La última cena de Jesús y sus discípulos fue una cena singular. Era la última, él revelaría quién sería el traidor e instituiría la cena del nuevo pacto. Después de partir el pan y tomar el vino, cuando finalizaron el evangelio de Mateo dice: “Y después de haber cantado el himno salieron al monte de los olivos” (Mateo 26:30).

¿Sabía usted que Jesús cantaba? Este es el único pasaje de los evangelios que dice claramente que Jesús lo hacía. Y seguramente no fue la única vez. La cultura judía de la época era una cultura muy musical, rica en danza y cantos. ¿Qué más se podía esperar de la nación que dio a luz el libro de poemas y canciones más famoso del planeta: Los Salmos? ¿Qué más se podía esperar del pueblo que vio nacer al salmista más famoso de todos los tiempos: el rey David?

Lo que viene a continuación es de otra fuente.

-- ===== src/Quantize/Heap/Order.antt =====
-- color/quantize.rs, `Heap`: the order of the slots, which the loops of `add` and `remove` restore.
use mpris_chroma.Prelude.{
  ℕ, zero, suc, ◌+◌, ◌*◌, ◌/◌, ◌^◌, ◌≤◌, ◌<◌, ◌≡◌, ◌⊎◌, inl, inr, true, false, not, List, arith,
  ltb, ◌==◌, if_cases, length,
}
use mpris_chroma.Quantize.{BoxNode}
use mpris_chroma.Quantize.Heap.{
  slot, set, count_of, cmp, is_positive, is_negative, sift_up, larger_child, sift_down,
}
use mpris_chroma.Quantize.Heap.Contents.{length-set, slot-set}

-- No box has more pixels than `i32` holds.
abbrev pub IsSmall : List BoxNode → Type 0
IsSmall boxes = (a : ℕ) → count_of boxes a < 2 ^ 31

-- No box has more pixels than the one above it.
abbrev pub IsHeap : List BoxNode → List ℕ → Type 0
IsHeap boxes s =
    (i : ℕ) → 2 ≤ i → i < length s → count_of boxes (slot s i) ≤ count_of boxes (slot s (i / 2))

module _ (boxes : List BoxNode) (small : IsSmall boxes) where
  abbrev size : ℕ → ℕ
  size a = count_of boxes a

  is_positive-cmp : (a b : ℕ) → is_positive (cmp boxes a b) ≡ ltb (size b) (size a)
  unfolding cmp
  is_positive-cmp a b = ground (arith, small a, small b)

  is_negative-cmp : (a b : ℕ) → is_negative (cmp boxes a b) ≡ ltb (size a) (size b)
  unfolding cmp
  is_negative-cmp a b = ground (arith, small a, small b)

  stops→le : (a b : ℕ) → not (is_positive (cmp boxes a b)) ≡ true → size a ≤ size b
  stops→le a b h = ground (arith, is_positive-cmp a b)

  goes_on→gt : (a b : ℕ) → not (is_positive (cmp boxes a b)) ≡ false → size b < size a
  goes_on→gt a b h = ground (arith, is_positive-cmp a b)

  positive→gt : (a b : ℕ) → is_positive (cmp boxes a b) ≡ true → size b < size a
  positive→gt a b h = ground (arith, is_positive-cmp a b)

  not_positive→le : (a b : ℕ) → is_positive (cmp boxes a b) ≡ false → size a ≤ size b
  not_positive→le a b h = ground (arith, is_positive-cmp a b)

  -- Slot `k` is free and waits for `v`: all is in order but for the slots above and below it.
  pub record IsOpenUp (k v : ℕ) (s : List ℕ) : Type 0 where
    pub ordered :
        (i : ℕ)
        → 2 ≤ i
        → i < length s
        → (i == k) ≡ false
        → (i / 2 == k) ≡ false
        → size (slot s i) ≤ size (slot s (i / 2))
    pub below : (i : ℕ) → 2 ≤ i → i < length s → (i / 2 == k) ≡ true → size (slot s i) ≤ size v
    pub across :
        (i : ℕ)
        → 2 ≤ i
        → i < length s
        → (i / 2 == k) ≡ true
        → 2 ≤ k
        → size (slot s i) ≤ size (slot s (k / 2))

  module _ (v : ℕ) where
    close_up :
        (k : ℕ) (s : List ℕ)
        → k < length s
        → IsOpenUp k v s
        → (2 ≤ k → size v ≤ size (slot s (k / 2)))
        → IsHeap boxes (set k v s)
    close_up k s h o parent = λ i lo hi. ground (
      arith,
      slot-set k i v s,
      slot-set k (i / 2) v s,
      length-set k v s,
      o.ordered i,
      o.below i,
      parent,
    )

    pub sift_up-IsHeap :
        (fuel k : ℕ) (s : List ℕ)
        → k ≤ fuel
        → 0 < k
        → k < length s
        → IsOpenUp k v s
        → IsHeap boxes (sift_up boxes v fuel k s)
    unfolding sift_up
    sift_up-IsHeap zero k s f p h o = absurd (omega arith)
    sift_up-IsHeap (suc fuel) k s f p h o =
        if_cases (IsHeap boxes) (k == 1) _ _
          (λ top. close_up k s h o (λ two. absurd (ground arith)))
          (λ other.
            if_cases (IsHeap boxes) (not (is_positive (cmp boxes v (slot s (k / 2))))) _ _
              (λ stop. close_up k s h o (λ _. stops→le v (slot s (k / 2)) stop))
              (λ more.
                let moved = set k (slot s (k / 2)) s in
                let larger : size (slot s (k / 2)) < size v = goes_on→gt v (slot s (k / 2)) more in
                let kept = length-set k (slot s (k / 2)) s in
                let read = λ (i : ℕ). slot-set k i (slot s (k / 2)) s h in
                let open_above : IsOpenUp (k / 2) v moved = record {
                  ordered =
                      λ i lo hi. ground (arith, read i, read (i / 2), o.ordered i, o.across i);
                  below = λ i lo hi e. ground (arith, read i, o.ordered i);
                  across = λ i lo hi e le.
                      ground (arith, read i, read (k / 2 / 2), o.ordered i, o.ordered (k / 2));
                } in
                sift_up-IsHeap fuel (k / 2) moved (omega arith) (ground arith) (omega (arith, kept))
                  open_above))

    -- Slot `k` is free and waits for `v`, which belongs below the slots above `k`.
    pub record IsOpenDown (k : ℕ) (s : List ℕ) : Type 0 where
      pub ordered :
          (i : ℕ)
          → 2 ≤ i
          → i < length s
          → (i == k) ≡ false
          → (i / 2 == k) ≡ false
          → size (slot s i) ≤ size (slot s (i / 2))
      pub across :
          (i : ℕ)
          → 2 ≤ i
          → i < length s
          → (i / 2 == k) ≡ true
          → 2 ≤ k
          → size (slot s i) ≤ size (slot s (k / 2))
      pub above : 2 ≤ k → size v ≤ size (slot s (k / 2))

    close_down :
        (k : ℕ) (s : List ℕ)
        → k < length s
        → IsOpenDown k s
        → ((i : ℕ) → 2 ≤ i → i < length s → (i / 2 == k) ≡ true → size (slot s i) ≤ size v)
        → IsHeap boxes (set k v s)
    close_down k s h o children = λ i lo hi. ground (
      arith,
      slot-set k i v s,
      slot-set k (i / 2) v s,
      length-set k v s,
      o.ordered i,
      children i,
      o.above,
    )

    larger_child_lem :
        (count k : ℕ) (s : List ℕ)
        → 0 < k
        → k * 2 ≤ count
        → (larger_child boxes count k s / 2 ≡ k)
          × (larger_child boxes count k s ≤ count)
          × ((i : ℕ)
              → i ≤ count
              → (i / 2 == k) ≡ true
              → size (slot s i) ≤ size (slot s (larger_child boxes count k s)))
    unfolding larger_child count_of
    larger_child_lem count k s p c =
        (ground arith, ground arith, λ i hi e. child i hi (ground arith))
      where
        sign :
            is_negative (cmp boxes (slot s (k * 2)) (slot s (k * 2 + 1)))
            ≡ ltb (size (slot s (k * 2))) (size (slot s (k * 2 + 1)))
        sign = is_negative-cmp (slot s (k * 2)) (slot s (k * 2 + 1))

        child :
            (i : ℕ)
            → i ≤ count
            → (i ≡ k * 2) ⊎ (i ≡ k * 2 + 1)
            → size (slot s i) ≤ size (slot s (larger_child boxes count k s))
        child i hi (inl e) = rw e (rw (larger_child, sign) (grind arith))
        child i hi (inr e) = rw e (rw (larger_child, sign) (grind arith))

    pub sift_down-IsHeap :
        (count fuel k : ℕ) (s : List ℕ)
        → count < fuel + k
        → 0 < k
        → k ≤ count
        → length s ≡ suc count
        → IsOpenDown k s
        → IsHeap boxes (sift_down boxes v count fuel k s)
    unfolding sift_down
    sift_down-IsHeap count zero k s f p h c o = absurd (omega arith)
    sift_down-IsHeap count (suc fuel) k s f p h c o =
        if_cases (IsHeap boxes) (ltb count (k * 2)) _ _
          (λ alone. close_down k s (omega arith) o (λ i lo hi e. absurd (ground arith)))
          (λ inside.
            let l = larger_child boxes count k s in
            let chosen = larger_child_lem count k s p (ground arith) in
            if_cases (IsHeap boxes) (is_positive (cmp boxes v (slot s l))) _ _
              (λ stop.
                let smaller = positive→gt v (slot s l) stop in
                close_down k s (omega arith) o
                  (λ i lo hi e. omega (arith, smaller, chosen.2 i (omega arith) e)))
              (λ more.
                let larger = not_positive→le v (slot s l) more in
                let moved = set k (slot s l) s in
                let kept = length-set k (slot s l) s in
                let read = λ (i : ℕ). slot-set k i (slot s l) s (omega arith) in
                let open_below : IsOpenDown l moved = record {
                  ordered = λ i lo hi n m. ground (
                    arith,
                    read i,
                    read (i / 2),
                    chosen.0,
                    chosen.2 i,
                    o.ordered i,
                    o.across l,
                    o.across i,
                  );
                  across =
                      λ i lo hi e le. ground (arith, read i, read (l / 2), chosen.0, o.ordered i);
                  above = λ le. ground (arith, read (l / 2), chosen.0, larger);
                } in
                sift_down-IsHeap count fuel l moved (omega (arith, chosen.0))
                  (omega (arith, chosen.0)) chosen.1 (omega (arith, kept)) open_below))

Jesús cantó pero no solo esa vez. Aunque los documentos del Nuevo Testamento solo nos muestran a Jesús cantando durante la última cena podemos deducir que lo hizo en las pascuas anteriores a lo largo de su vida y en todas las fiestas judías que él participó desde su niñez. Eso sin contar las veces que pudo haber cantado en las celebraciones que a menudo era invitado y ni se diga cuando entonaba algunos Salmos de adoración durante sus momentos de oración privada con el Padre.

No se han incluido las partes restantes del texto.